§ **Records from a data collection**:

==========

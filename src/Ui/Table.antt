-- ===== src/Ui/Table.antt =====
-- internal/ui/table.go: tables on the terminal. Widths and paddings below 0 are left out.
pub mod Columns
pub mod Aligned
use mathlib.Core.Option
use multi_protocol_proxy.Prelude.{
  ℕ, zero, suc, ◌+◌, ◌-◌, ◌*◌, ◌/◌, Bool, true, false, ◌&&◌, List, [], ◌∷◌, ◌++◌, Option, none,
  some, codes, leb, ltb, ◌==◌, if◌then◌else◌, Map, lookup, map,
}
use multi_protocol_proxy.Ui.Ansi.{Text, visible_width, spaces}

pub data Align : Type 0 where
  align_left align_right align_center : Align

pub record TableColumn : Type 0 where
  pub key : Text
  pub header : Text
  pub align : Align
  pub min_width : ℕ
  pub max_width : ℕ

pub data TableBorder : Type 0 where
  border_unicode border_ascii border_none : TableBorder

abbrev pub Row : Type 0
Row = Map Text

pub record RenderTableOptions : Type 0 where
  pub columns : List TableColumn
  pub rows : List Row
  pub border : TableBorder
  pub padding : ℕ

-- Each is one character: corners, lines, and where lines meet.
pub record BoxChars : Type 0 where
  pub tl : ℕ
  pub tr : ℕ
  pub bl : ℕ
  pub br : ℕ
  pub h : ℕ
  pub v : ℕ
  pub t : ℕ
  pub ml : ℕ
  pub m : ℕ
  pub mr : ℕ
  pub b : ℕ

abbrev unicode_box : BoxChars
unicode_box = record {
  tl = 9484;
  tr = 9488;
  bl = 9492;
  br = 9496;
  h = 9472;
  v = 9474;
  t = 9516;
  ml = 9500;
  m = 9532;
  mr = 9508;
  b = 9524;
}

abbrev ascii_box : BoxChars
ascii_box = record {
  tl = b'+';
  tr = b'+';
  bl = b'+';
  br = b'+';
  h = b'-';
  v = b'|';
  t = b'+';
  ml = b'+';
  m = b'+';
  mr = b'+';
  b = b'+';
}

abbrev pub box_of : TableBorder → BoxChars
box_of border_ascii = ascii_box
box_of _ = unicode_box

-- `row[key]`
unfoldable pub cell : Text → Row → Text
cell key row = Option.get_or (lookup key row) []

-- `strings.Repeat` of one character, and `strings.Join`
unfoldable pub repeat : ℕ → ℕ → Text
repeat c zero = []
repeat c (suc n) = c ∷ repeat c n

unfoldable pub join : Text → List Text → Text
join sep [] = []
join sep (part ∷ []) = part
join sep (part ∷ next ∷ parts) = part ++ (sep ++ join sep (next ∷ parts))

-- The loop over the rows that finds the widest cell.
unfoldable pub max_cell_width : Text → List Row → ℕ → ℕ
unfolding cell visible_width
max_cell_width key [] widest = widest
max_cell_width key (row ∷ rows) widest =
    let w = visible_width (cell key row) in
    max_cell_width key rows (if ltb widest w then w else widest)

-- An entry of `widths`.
unfoldable pub column_width : RenderTableOptions → TableColumn → ℕ
unfolding max_cell_width
column_width opts col =
    let header_w = visible_width col.header in
    let max_cell_w = max_cell_width col.key opts.rows 0 in
    let base = (if ltb header_w max_cell_w then max_cell_w else header_w) + opts.padding * 2 in
    let base = if ltb 0 col.max_width && ltb col.max_width base then col.max_width else base in
    let min_w = if ltb col.min_width 3 then 3 else col.min_width in
    if ltb base min_w then min_w else base

unfoldable pub content_width : RenderTableOptions → TableColumn → ℕ
unfolding column_width
content_width opts col =
    let w = column_width opts col - opts.padding * 2 in if ltb w 1 then 1 else w

unfoldable pub aligned : Align → Text → ℕ → Text
unfolding spaces
aligned align_right text pad = spaces pad ++ text
aligned align_center text pad = spaces (pad / 2) ++ (text ++ spaces (pad - pad / 2))
aligned align_left text pad = text ++ spaces pad

unfoldable pub pad_cell : Text → ℕ → Align → Text
unfolding aligned visible_width
pad_cell text width align =
    let w = visible_width text in if leb width w then text else aligned align text (width - w)

unfoldable pub h_line : RenderTableOptions → ℕ → ℕ → ℕ → Text
unfolding join repeat column_width
h_line opts left mid right =
    left
    ∷ (join (mid ∷ [])
          (map (λ col. repeat (box_of opts.border).h (column_width opts col)) opts.columns)
        ++ right ∷ [])

unfoldable pub render_cell : RenderTableOptions → (TableColumn → Text) → TableColumn → Text
unfolding pad_cell content_width
render_cell opts values col =
    spaces opts.padding
    ++ (pad_cell (values col) (content_width opts col) col.align ++ spaces opts.padding)

-- `values` gives what stands in each column.
unfoldable pub render_row : RenderTableOptions → (TableColumn → Text) → Text
unfolding join render_cell
render_row opts values =
    let v = (box_of opts.border).v in
    v ∷ (join (v ∷ []) (map (render_cell opts values) opts.columns) ++ v ∷ [])

-- A line that only a table with a border has.
abbrev pub ruled : TableBorder → Text → List Text
ruled border_none line = []
ruled _ line = line ∷ []

-- A padding of 0 stands for 1.
unfoldable pub defaulted : RenderTableOptions → RenderTableOptions
defaulted opts = if opts.padding == 0 then record opts { padding = 1 } else opts

unfoldable pub table_lines : RenderTableOptions → List Text
unfolding h_line render_row cell
table_lines opts =
    let box = box_of opts.border in
    ruled opts.border (h_line opts box.tl box.t box.tr)
    ++ (render_row opts (λ col. col.header)
        ∷ (ruled opts.border (h_line opts box.ml box.m box.mr)
            ++ (map (λ row. render_row opts (λ col. cell col.key row)) opts.rows
                ++ ruled opts.border (h_line opts box.bl box.b box.br))))

unfoldable pub render_table : RenderTableOptions → Text
unfolding defaulted table_lines join
render_table opts = join (10 ∷ []) (table_lines (defaulted opts)) ++ 10 ∷ []
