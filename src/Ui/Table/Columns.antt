-- ===== src/Ui/Table/Columns.antt =====
-- internal/ui/table.go: the width of a table's cells and columns.
use multi_protocol_proxy.Prelude.{
  ℕ, zero, suc, ◌+◌, ◌-◌, ◌/◌, ◌≤◌, Bool, true, false, List, [], ◌∷◌, ◌++◌, leb, ltb, ◌==◌,
  if◌then◌else◌, map, length, All, ◌≡◌, ◌≢◌, refl, ap, ◌∙◌, arith, Bool-cases, inl, inr,
}
use multi_protocol_proxy.Ui.{Text, esc, visible_width, spaces}
use multi_protocol_proxy.Ui.Width.{
  IsPlain, IsWhole, IsPlain-IsWhole, append-IsWhole, visible_width-append, visible_width-IsPlain,
  visible_width-spaces, spaces-IsWhole,
}
use multi_protocol_proxy.Ui.Table.{
  Align, align_left, align_right, align_center, TableColumn, TableBorder, border_unicode,
  border_ascii, border_none, Row, RenderTableOptions, BoxChars, box_of, cell, repeat, join,
  max_cell_width, column_width, content_width, aligned, pad_cell, render_cell,
}

-- A text that leaves no sequence open and is `n` wide.
pub record Takes (n : ℕ) (s : Text) : Type 0 where
  pub whole : IsWhole s
  pub wide : visible_width s ≡ n

pub Takes-append : (m n : ℕ) (s t : Text) → Takes m s → Takes n t → Takes (m + n) (s ++ t)
Takes-append m n s t p q = record {
  whole = append-IsWhole s t p.whole q.whole;
  wide = visible_width-append s t p.whole ∙ omega (arith, p.wide, q.wide);
}

Takes-spaces : (n : ℕ) → Takes n (spaces n)
Takes-spaces n = record { whole = spaces-IsWhole n; wide = visible_width-spaces n }

pub Takes-plain : (s : Text) → IsPlain s → Takes (length s) s
Takes-plain s p = record { whole = IsPlain-IsWhole s p; wide = visible_width-IsPlain s p }

pub Takes-same : (m n : ℕ) (s : Text) → m ≡ n → Takes m s → Takes n s
Takes-same m n s e p = record { whole = p.whole; wide = p.wide ∙ e }

aligned-Takes : (a : Align) (s : Text) (m pad : ℕ) → Takes m s → Takes (m + pad) (aligned a s pad)
unfolding aligned
aligned-Takes align_left s m pad p = Takes-append m pad s (spaces pad) p (Takes-spaces pad)
aligned-Takes align_right s m pad p =
    Takes-same _ _ _ (omega arith) (Takes-append pad m (spaces pad) s (Takes-spaces pad) p)
aligned-Takes align_center s m pad p = Takes-same _ _ _ (omega arith) (
    Takes-append (pad / 2) _ (spaces (pad / 2)) _ (Takes-spaces (pad / 2))
      (Takes-append m (pad - pad / 2) s (spaces (pad - pad / 2)) p (Takes-spaces _)))

-- A cell that is not wider than its column fills it.
pad_cell-Takes :
    (s : Text) (m width : ℕ) (a : Align) → Takes m s → m ≤ width → Takes width (pad_cell s width a)
unfolding pad_cell
pad_cell-Takes s m width a p h = elim (Bool-cases (leb width (visible_width s))) [
  | inl full ↦ rw full (Takes-same m width s (ground (arith, p.wide)) p)
  | inr room ↦
      rw room (
        Takes-same _ _ _ (ground (arith, p.wide)) (aligned-Takes a s m (width - visible_width s) p))
]

-- The width of parts that are joined by one character each.
unfoldable pub joined : List ℕ → ℕ
joined [] = 0
joined (w ∷ []) = w
joined (w ∷ v ∷ ws) = w + (1 + joined (v ∷ ws))

pub join-Takes :
    (sep : ℕ) (f : TableColumn → Text) (w : TableColumn → ℕ) (cols : List TableColumn)
    → sep ≢ esc
    → All (λ c. Takes (w c) (f c)) cols
    → Takes (joined (map w cols)) (join (sep ∷ []) (map f cols))
unfolding joined join
join-Takes sep f w [] h p = Takes-plain [] tt
join-Takes sep f w (c ∷ []) h p = p.0
join-Takes sep f w (c ∷ d ∷ cols) h p = Takes-append (w c) _ (f c) _ p.0 (
    Takes-append 1 _ (sep ∷ []) _ (Takes-plain (sep ∷ []) (h, tt))
      (join-Takes sep f w (d ∷ cols) h p.1))

pub repeat-IsPlain : (c n : ℕ) → c ≢ esc → IsPlain (repeat c n)
unfolding repeat
repeat-IsPlain c zero h = tt
repeat-IsPlain c (suc n) h = (h, repeat-IsPlain c n h)

pub length-repeat : (c n : ℕ) → length (repeat c n) ≡ n
unfolding repeat
length-repeat c zero = refl
length-repeat c (suc n) = ap suc (length-repeat c n)

max_cell_width-ge : (key : Text) (rows : List Row) (w : ℕ) → w ≤ max_cell_width key rows w
unfolding max_cell_width
max_cell_width-ge key [] w = omega arith
max_cell_width-ge key (row ∷ rows) w = ground (
  arith,
  max_cell_width-ge key rows
      (if ltb w (visible_width (cell key row)) then visible_width (cell key row) else w),
)

pub max_cell_width-All :
    (key : Text) (rows : List Row) (w : ℕ)
    → All (λ row. visible_width (cell key row) ≤ max_cell_width key rows w) rows
unfolding max_cell_width
max_cell_width-All key [] w = tt
max_cell_width-All key (row ∷ rows) w =
    let next = if ltb w (visible_width (cell key row)) then visible_width (cell key row) else w in
    (ground (arith, max_cell_width-ge key rows next), max_cell_width-All key rows next)

-- Without a greatest width a column has room for its header, for its widest cell and for three
-- characters.
pub column_width-fits :
    (opts : RenderTableOptions) (col : TableColumn)
    → col.max_width ≡ 0
    → opts.padding ≤ 1
    → (opts.padding + (content_width opts col + opts.padding) ≡ column_width opts col)
      × (visible_width col.header ≤ content_width opts col)
      × (max_cell_width col.key opts.rows 0 ≤ content_width opts col)
unfolding content_width column_width
column_width-fits opts col free slim = ground arith

pub render_cell-Takes :
    (opts : RenderTableOptions) (values : TableColumn → Text) (col : TableColumn)
    → col.max_width ≡ 0
    → opts.padding ≤ 1
    → IsWhole (values col)
    → visible_width (values col) ≤ content_width opts col
    → Takes (column_width opts col) (render_cell opts values col)
unfolding render_cell
render_cell-Takes opts values col free slim whole fits =
    let p = opts.padding in
    Takes-same _ _ _ (column_width-fits opts col free slim).0 (
      Takes-append p _ (spaces p) _ (Takes-spaces p) (
        Takes-append (content_width opts col) p _ (spaces p)
          (pad_cell-Takes (values col) _ (content_width opts col) col.align
            (record { whole = whole; wide = refl }) fits)
          (Takes-spaces p)))

-- No character of a box is the escape character.
unfoldable pub has_esc : Text → Bool
has_esc [] = false
has_esc (c ∷ s) = if c == esc then true else has_esc s

pub has_esc-IsPlain : (s : Text) → has_esc s ≡ false → IsPlain s
unfolding has_esc
has_esc-IsPlain [] e = tt
has_esc-IsPlain (c ∷ s) e = (λ same. ground arith, has_esc-IsPlain s (ground arith))

abbrev pub chars : BoxChars → Text
chars x = x.h ∷ x.v ∷ x.t ∷ x.m ∷ x.b ∷ x.tl ∷ x.tr ∷ x.ml ∷ x.mr ∷ x.bl ∷ x.br ∷ []

pub box_of-IsPlain : (b : TableBorder) → IsPlain (chars (box_of b))
unfolding has_esc
box_of-IsPlain border_unicode = has_esc-IsPlain (chars (box_of border_unicode)) refl
box_of-IsPlain border_ascii = has_esc-IsPlain (chars (box_of border_ascii)) refl
box_of-IsPlain border_none = has_esc-IsPlain (chars (box_of border_none)) refl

==========

Exactly how many lines of the records include "filename"? Provide the number by itself.

§ **Answer space**: 2